But sounds like your problem is more sweat bleaching than anything else...

And thank you, I'm very lucky to have her. I love big horses, and I love that Magic has the movement of one without eating as much as one - she's just on grass at the moment!


----------



## Rmaree (Sep 2, 2013)

I have heard of it and have been thinking about trying it but still don't think it will make much difference as I think its a little sweat related along with just how his summer coat is. I give him sunny oil instead of seeds as it works out cheaper lol.. haha that would be good.
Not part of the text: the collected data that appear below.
-- ===== src/WriteOp/Flight/Histories.antt =====
-- The invariant over histories of a controller (web/src/lib/api/writeOp.ts), and what it gives:
-- one task in flight, none forgotten, and no success with a step left.
use mathlib.Core.Path.{subst}
use zte_u60_pro_mu5250_manag.Common.{
  ℕ, zero, suc, ◌≤◌, ◌≡◌, ◌≢◌, refl, sym, ◌⊎◌, inl, inr, Bool, true, false, none, some, List, [],
  ◌∷◌, All, Bool-cases, Option-cases, leb, ◌==◌, arith,
}
use zte_u60_pro_mu5250_manag.WriteOp.Controller.{Ctl, Task, Outcome, task_run}
use zte_u60_pro_mu5250_manag.WriteOp.Resume.{resume, probe_answer}
use zte_u60_pro_mu5250_manag.WriteOp.Session.{Session, Input, spawn, take_task}
use zte_u60_pro_mu5250_manag.WriteOp.Flight.Facts.{Sound, Carries, Good}
use zte_u60_pro_mu5250_manag.WriteOp.Flight.Answers.{
  IsHeld, is_second_stale, resume_step-Good, resume_verify-Good,
}
use zte_u60_pro_mu5250_manag.WriteOp.Flight.Loops.{
  resume_sleep-Good, resume_probe-Good, resume_loop_verify-Good,
}
use zte_u60_pro_mu5250_manag.WriteOp.Flight.Numbers.{resume-Grows, resume_stale}
use zte_u60_pro_mu5250_manag.WriteOp.Flight.Sessions.{
  Inv, CarriesAll, tasks_of, in_flight, spawn-Inv, tasks_after, older-le,
}

-- The answer that `runVerify` does not handle: a second stale 401 in a row.
abbrev pub gives_up : Task → Outcome → Bool
gives_up (Task.verify_running r a) o = is_second_stale a o
gives_up _ o = false

resume-Good :
    (loose : Bool) (t : Task) (c : Ctl) (o : Outcome) (now : ℕ)
    → IsHeld loose c
    → Carries loose c (some t)
    → (loose ≡ true) ⊎ (gives_up t o ≡ false)
    → Sound c
    → Good loose (resume t c o now)
unfolding resume
resume-Good loose (Task.step_running k r i) c o now h (er, (e, p, g)) u f =
    resume_step-Good loose k r i c o now h er e p g f
resume-Good loose (Task.verify_running r a) c o now h (er, p) u f =
    resume_verify-Good loose r a c o now h er p u f
resume-Good loose (Task.loop_sleeping l) c o now h (er, g) u f =
    resume_sleep-Good loose l c now h er g f
resume-Good loose (Task.loop_probing l) c o now h (er, g) u f =
    resume_probe-Good loose l c (probe_answer o) h er g f
resume-Good loose (Task.loop_verifying l) c o now h (er, (g, v)) u f =
    resume_loop_verify-Good loose l c o h er g v f

module _ (P : Task → Type 0) where
  take_task-All :
      (k : ℕ) (ts : List Task) (t : Task) (us : List Task)
      → take_task k ts ≡ some (t, us)
      → All P ts
      → P t × All P us
  unfolding take_task
  take_task-All k [] t us e a = cc
  take_task-All zero (x ∷ xs) t us e (p, ps) =
      let q : x ≡ t = cc e in let r : xs ≡ us = cc e in (subst P q p, subst (All P) r ps)
  take_task-All (suc k) (x ∷ xs) t us e (p, ps) = elim (Option-cases (take_task k xs)) [
    | inl n ↦ absurd (ground arith)
    | inr ((u, vs), s) ↦
        let (pu, pvs) = take_task-All k xs u vs s ps in
        let q : u ≡ t = ground arith in
        let r : x ∷ vs ≡ us = ground arith in (subst P q pu, subst (All P) r (p, pvs))
  ]

module _ (n : ℕ) where
  take_of_none :
      (k : ℕ) (ts : List Task) (t : Task) (us : List Task)
      → take_task k ts ≡ some (t, us)
      → tasks_of n ts ≡ []
      → (task_run t ≢ n) × (tasks_of n us ≡ [])
  unfolding take_task
  take_of_none k [] t us e a = cc
  take_of_none zero (x ∷ xs) t us e a = (λ q. ground arith, ground arith)
  take_of_none (suc k) (x ∷ xs) t us e a = elim (Option-cases (take_task k xs)) [
    | inl q ↦ absurd (ground arith)
    | inr ((u, vs), s) ↦
        let rest : tasks_of n xs ≡ [] = ground arith in
        let (ne, empty) = take_of_none k xs u vs s rest in (λ q. ground (arith, ne), ground arith)
  ]

  take_of_one :
      (k : ℕ) (ts : List Task) (t : Task) (us : List Task) (w : Task)
      → take_task k ts ≡ some (t, us)
      → tasks_of n ts ≡ w ∷ []
      → ((task_run t ≡ n) × (w ≡ t) × (tasks_of n us ≡ []))
        ⊎ ((task_run t ≢ n) × (tasks_of n us ≡ w ∷ []))
  unfolding take_task
  take_of_one k [] t us w e a = cc
  take_of_one zero (x ∷ xs) t us w e a = elim (Bool-cases (task_run x == n)) [
    | inl live ↦ inl (ground arith, ground arith, ground arith)
    | inr dead ↦ inr (λ q. ground arith, ground arith)
  ]
  take_of_one (suc k) (x ∷ xs) t us w e a = elim (Option-cases (take_task k xs)) [
    | inl q ↦ absurd (ground arith)
    | inr ((u, vs), s) ↦ elim (Bool-cases (task_run x == n)) [
      | inl live ↦
          let rest : tasks_of n xs ≡ [] = ground arith in
          let (ne, empty) = take_of_none k xs u vs s rest in
          inr (λ q. ground (arith, ne), ground arith)
      | inr dead ↦
          let rest : tasks_of n xs ≡ w ∷ [] = ground arith in
          ground (arith, take_of_one k xs u vs w s rest)
    ]
  ]

-- What is known of a task that is taken out.
taken :
    (loose : Bool) (c : Ctl) (k : ℕ) (ts : List Task) (t : Task) (us : List Task) (fs : List Task)
    → take_task k ts ≡ some (t, us)
    → tasks_of c.state.run_id ts ≡ fs
    → CarriesAll loose c fs
    → (Carries loose c (some t) × (tasks_of c.state.run_id us ≡ []))
      ⊎ ((task_run t ≢ c.state.run_id) × (tasks_of c.state.run_id us ≡ fs))
taken loose c k ts t us [] e a f = inr (take_of_none c.state.run_id k ts t us e a)
taken loose c k ts t us (w ∷ []) e a f = elim (take_of_one c.state.run_id k ts t us w e a) [
  | inl (l, q, n) ↦ inl (subst (λ x. Carries loose c (some x)) q f, n)
  | inr (d, n) ↦ inr (d, n)
]
taken loose c k ts t us (w ∷ v ∷ fs) e a f = absurd f

-- The end of a task keeps the invariant.
pub settled-Inv :
    (loose : Bool) (s : Session) (k : ℕ) (o : Outcome) (now : ℕ) (t : Task) (us : List Task)
    → take_task k s.tasks ≡ some (t, us)
    → (loose ≡ true) ⊎ (gives_up t o ≡ false)
    → Inv loose s
    → Inv loose (spawn us (resume t s.ctl o now))
settled-Inv loose s k o now t us e u v =
    let c = s.ctl in
    let r = resume t c o now in
    let (grows, att) = resume-Grows t c o now in
    let olds = (take_task-All (λ x. task_run x ≤ c.state.run_id) k s.tasks t us e v.old).1 in
    elim (taken loose c k s.tasks t us (in_flight s) e refl v.flight) [
      | inl (live, alone) ↦
          spawn-Inv loose us r.0 r.1 (resume-Good loose t c o now v.held live u v.sound)
            (ground (arith, v.held)) (older-le c.state.run_id r.0.state.run_id us grows olds)
            (tasks_after c.state.run_id r.0.state.run_id us grows olds (λ q. alone))
      | inr (dead, same) ↦
          subst (λ q. Inv loose (spawn us q)) (sym (resume_stale t c o now dead))
            (record {
              sound = v.sound;
              held = v.held;
              old = olds;
              flight = subst (CarriesAll loose c) (sym same) v.flight;
            })
    ]

-- The inputs after which the page no longer waits for what it sent: the last `detach`, and a
-- readback that `runVerify` gives up.
unfoldable pub lets_go : Session → ℕ × Input → Bool
unfolding take_task
lets_go s (now, Input.detach) = leb s.ctl.attached 1
lets_go s (now, Input.settle k o) = elim (take_task k s.tasks) [
  | none ↦ false
  | some (t, us) ↦ gives_up t o
]
lets_go s _ = false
Buster isn't on much feed compared to my TB thankfully lol

Photo's on the lunge today


----------



## blue eyed pony (Jun 20, 2011)

Looking at how it's mostly on his shoulder, I have to say I agree with you there. At least our show season is over winter in Aus!! hahaa.


----------



## Rmaree (Sep 2, 2013)

haha very true!! Although still a pain!!!


----------



## Rmaree (Sep 2, 2013)

Here he is at his first 2 shows in March (ish) when he was 2  Shows how tall he is as I am around 5'9 and he has grown since then and filled out quite a bit more


----------



## morganarab94 (May 16, 2013)

Ahhhhhh he's gorgeous!!!!!!!!


----------



## blue eyed pony (Jun 20, 2011)

Gee he scrubs up nice, he'd be a lovely show hunter as well! You're so lucky, you've really found a true all-rounder there!


----------



## MsBHavin (Nov 29, 2010)

He is beautiful! I'm all for horse-napping him as well!!


----------



## stevenson (Sep 12, 2011)

Very nice horse. Very pretty.


----------



## SketchyHorse (May 14, 2012)

You can send that horse my way any time! What a handsome boy *drools*


----------



## Rmaree (Sep 2, 2013)

Sorry guys I didn't realise I had such lovely comments on here!
Thank you all very much!


----------



## CandyCanes (Jul 1, 2013)

Helllooooo handsome. I can see some mares falling over their own feet watching him strut by!


----------



## Becca93 (Jan 22, 2009)

Oh he is gorgeous! I really like the cross you have with him - it works really well.


----------



## Rmaree (Sep 2, 2013)

Becca93 said:


> Oh he is gorgeous! I really like the cross you have with him - it works really well.


Thank you


----------



## PixiTrix (Sep 11, 2013)

I'm not going to comment on conformation because I'm no pro in this area but I have to say I love this horse! I love everything about his look- One of my favorites I've seen posted on here- and you did an amazing job with him (per the before and after)!


----------